Dr. Jessiman is an adjunct faculty member in the Department of Psychology, in the College of Arts.

Her teaching interests include early childhood development, adolescent psychology, adulthood and aging.

Dr. Jessiman's research focus is how typical and pathological aging affects language and memory. For her PhD she examined how Alzheimer's disease (AD) and Parkinson's disease (PD) affect language that relies on more conscious control. Specifically she focused on what parts of the brain are affected by typical and pathological aging and thus what subsequent linguistic and cognitive functions are affected by these age-related neurological changes. As a post-doctoral research fellow, Dr. Jessiman continued her research into the effects of PD on language and communications and examined how typical aging and PD affects everyday communicative tasks such as holding conversations.

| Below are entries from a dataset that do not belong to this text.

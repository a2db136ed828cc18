-- ===== src/Nftables.antt =====
-- crates/nlx-netlink/src/collectors/nftables.rs: the labels, and the parsers of tables, chains, sets,
-- generations and flow tables. `lossy` is `String::from_utf8_lossy`; an `i32` is its bit pattern.
pub mod Rules
pub mod Comments
pub mod Objects
pub mod Metrics
pub mod Series
pub mod Collect
use mathlib.Core.List.{foldl}
use mathlib.Core.Option
use netlink_exporter.Base.{
  ℕ, ◌+◌, ◌*◌, ◌%◌, Bool, true, false, ◌||◌, List, [], ◌∷◌, Option, none, some, ltb, ◌==◌,
  if◌then◌else◌, length, is_empty, drop, get_or,
}
use netlink_exporter.Base.Text.{Text, codes}
use netlink_exporter.Wire.{Bytes, Nla, parse_attrs, nested_attrs, read_u32_be}
use netlink_exporter.Wire.Names.{strip_nul}

abbrev pub nfgenmsg_len : ℕ
nfgenmsg_len = 4

unfoldable pub family_label : ℕ → Text
family_label family =
    if family == 0
    then codes "unspec"
    else if family == 1
    then codes "inet"
    else if family == 2
    then codes "ip"
    else if family == 3
    then codes "arp"
    else if family == 5
    then codes "netdev"
    else if family == 7
    then codes "bridge"
    else if family == 10
    then codes "ip6"
    else codes "other"

unfoldable pub hook_label : ℕ → Text
hook_label hooknum =
    if hooknum == 0
    then codes "prerouting"
    else if hooknum == 1
    then codes "input"
    else if hooknum == 2
    then codes "forward"
    else if hooknum == 3
    then codes "output"
    else if hooknum == 4
    then codes "postrouting"
    else if hooknum == 5
    then codes "ingress"
    else if hooknum == 6
    then codes "egress"
    else codes "other"

unfoldable pub policy_label : ℕ → Text
policy_label policy =
    if policy == 0 then codes "drop" else if policy == 1 then codes "accept" else codes "other"

unfoldable pub key_type_label : ℕ → Text
key_type_label key_type =
    if key_type == 0xc
    then codes "ipv4_addr"
    else if key_type == 0xd
    then codes "ipv6_addr"
    else if key_type == 0xb
    then codes "inet_service"
    else if key_type == 5
    then codes "ether_addr"
    else if key_type == 9
    then codes "mark"
    else codes "other"

abbrev pub nfgenmsg : ℕ → Bytes
nfgenmsg family = family ∷ 0 ∷ 0 ∷ 0 ∷ []

pub record NftTable : Type 0 where
  pub name : Text
  pub family : Text

pub record NftChain : Type 0 where
  pub table : Text
  pub chain : Text
  pub chain_type : Text
  pub hook : Text
  pub priority : ℕ
  pub policy : Text

pub record NftSet : Type 0 where
  pub table : Text
  pub name : Text
  pub key_type : Text
  pub element_count : ℕ

pub record NftFlowtable : Type 0 where
  pub table : Text
  pub name : Text
  pub hook : Text
  pub priority : ℕ
  pub hw_offload : Bool

-- The variables of the loops in `parse_set_frame` and `parse_flowtable_frame`.
pub record SetState : Type 0 where
  pub table : Text
  pub name : Text
  pub set_flags : ℕ
  pub key_type_raw : ℕ
  pub element_count : ℕ

pub record FlowtableState : Type 0 where
  pub table : Text
  pub name : Text
  pub hook : Text
  pub priority : ℕ
  pub ft_flags : ℕ

-- The match on one attribute of a hook: 1 is its number, 2 its priority.
unfoldable pub hook_attr : Text × ℕ → Nla → Text × ℕ
unfolding hook_label
hook_attr (hook, priority) a =
    if a.ty == 1
    then (Option.get_or (Option.map hook_label (read_u32_be a.payload)) hook, priority)
    else if a.ty == 2
    then (hook, Option.get_or (read_u32_be a.payload) priority)
    else (hook, priority)

-- The first attribute of a type, read as a big-endian `u32`.
unfoldable pub first_u32_be : ℕ → List Nla → Option ℕ
first_u32_be ty [] = none
first_u32_be ty (a ∷ attrs) =
    let rest = first_u32_be ty attrs in if a.ty == ty then read_u32_be a.payload else rest

-- `NFTA_GEN_ID` is 1.
unfoldable pub parse_gen_frame : Bytes → Option ℕ
unfolding first_u32_be
parse_gen_frame frame =
    if ltb (length frame) nfgenmsg_len
    then none
    else first_u32_be 1 (parse_attrs (drop nfgenmsg_len frame))

-- `NFTA_SET_DESC_SIZE` is 1.
unfoldable pub desc_attr : ℕ → Nla → ℕ
desc_attr count a = if a.ty == 1 then Option.get_or (read_u32_be a.payload) 0 else count

module _ (lossy : Bytes → Text) where
  abbrev pub cstr_to_string : Bytes → Text
  cstr_to_string payload = lossy (strip_nul payload)

  unfoldable pub table_attr : Text → Nla → Text
  table_attr name a = if a.ty == 1 then cstr_to_string a.payload else name

  unfoldable pub parse_table_frame : Bytes → Option NftTable
  unfolding table_attr family_label
  parse_table_frame frame =
      if ltb (length frame) nfgenmsg_len
      then none
      else let name = foldl table_attr [] (parse_attrs (drop nfgenmsg_len frame)) in
        if is_empty name
        then none
        else some (record { name = name; family = family_label (get_or frame 0 0) })

  -- The match on one attribute of a chain: 1 is the table, 3 the name, 7 the type, 5 the policy, 4 the
  -- hook.
  unfoldable pub chain_attr : NftChain → Nla → NftChain
  unfolding hook_attr policy_label
  chain_attr c a =
      if a.ty == 1
      then record c { table = cstr_to_string a.payload }
      else if a.ty == 3
      then record c { chain = cstr_to_string a.payload }
      else if a.ty == 7
      then record c { chain_type = cstr_to_string a.payload }
      else if a.ty == 5
      then record c {
        policy = Option.get_or (Option.map policy_label (read_u32_be a.payload)) c.policy;
      }
      else if a.ty == 4
      then (let (hook, priority) = foldl hook_attr (c.hook, c.priority) (nested_attrs a.payload) in
          record c { hook = hook; priority = priority })
      else c

  abbrev no_chain : NftChain
  no_chain = record {
    table = [];
    chain = [];
    chain_type = [];
    hook = [];
    priority = 0;
    policy = [];
  }

  unfoldable pub parse_chain_frame : Bytes → Option NftChain
  unfolding chain_attr
  parse_chain_frame frame =
      if ltb (length frame) nfgenmsg_len
      then none
      else let c = foldl chain_attr no_chain (parse_attrs (drop nfgenmsg_len frame)) in
        if is_empty c.chain then none else some c

  -- The match on one attribute of a set: 1 is the table, 2 the name, 3 the flags, 4 the key's type, 20
  -- the number of elements, 9 the description.
  unfoldable pub set_attr : SetState → Nla → SetState
  unfolding desc_attr
  set_attr s a =
      if a.ty == 1
      then record s { table = cstr_to_string a.payload }
      else if a.ty == 2
      then record s { name = cstr_to_string a.payload }
      else if a.ty == 3
      then record s { set_flags = Option.get_or (read_u32_be a.payload) 0 }
      else if a.ty == 4
      then record s { key_type_raw = Option.get_or (read_u32_be a.payload) 0 }
      else if a.ty == 20
      then record s { element_count = Option.get_or (read_u32_be a.payload) 0 }
      else if a.ty == 9
      then (if s.element_count == 0
          then record s { element_count = foldl desc_attr s.element_count (nested_attrs a.payload) }
          else s)
      else s

  -- `NFT_SET_ANONYMOUS` is the lowest bit of the flags.
  unfoldable pub parse_set_frame : Bytes → Option NftSet
  unfolding set_attr key_type_label
  parse_set_frame frame =
      if ltb (length frame) nfgenmsg_len
      then none
      else let s : SetState =
          foldl set_attr
            (record { table = []; name = []; set_flags = 0; key_type_raw = 0; element_count = 0 })
            (parse_attrs (drop nfgenmsg_len frame)) in
        if (s.set_flags % 2 == 1) || is_empty s.name
        then none
        else some (record {
          table = s.table;
          name = s.name;
          key_type = key_type_label s.key_type_raw;
          element_count = s.element_count;
        })

  -- The match on one attribute of a flow table: 1 is the table, 2 the name, 7 the flags, 3 the hook.
  unfoldable pub flowtable_attr : FlowtableState → Nla → FlowtableState
  unfolding hook_attr
  flowtable_attr f a =
      if a.ty == 1
      then record f { table = cstr_to_string a.payload }
      else if a.ty == 2
      then record f { name = cstr_to_string a.payload }
      else if a.ty == 7
      then record f { ft_flags = Option.get_or (read_u32_be a.payload) 0 }
      else if a.ty == 3
      then (let (hook, priority) = foldl hook_attr (f.hook, f.priority) (nested_attrs a.payload) in
          record f { hook = hook; priority = priority })
      else f

  unfoldable pub parse_flowtable_frame : Bytes → Option NftFlowtable
  unfolding flowtable_attr
  parse_flowtable_frame frame =
      if ltb (length frame) nfgenmsg_len
      then none
      else let f : FlowtableState =
          foldl flowtable_attr
            (record { table = []; name = []; hook = []; priority = 0; ft_flags = 0 })
            (parse_attrs (drop nfgenmsg_len frame)) in
        if is_empty f.name
        then none
        else some (record {
          table = f.table;
          name = f.name;
          hook = f.hook;
          priority = f.priority;
          hw_offload = f.ft_flags % 2 == 1;
        })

Dr. Jessiman completed a study with Dr. Shelley Canning, Associate Professor in Nursing at UFV, looking at how secondary education influences ageist opinions and beliefs. She is also looking at how agism affects the use of elderspeak. In addition, Dr. Jessiman is looking at misconceptions of elder mistreatment/abuse and the effects of loneliness and social isolation in older adults. The principal focus in all of her research is improving the quality of life of the older adult and dispelling the myths that only seek to exacerbate the negative stereotypes of old age. Dr. Jessiman's honours student is currently working on a study measuring implicit agism in older and younger adults and examining how self-agism can impact cognitive performance in older adults. 

Research Interests

Dr. Jessiman's research interests include development, adulthood and aging, as well as Parkinson's Disease.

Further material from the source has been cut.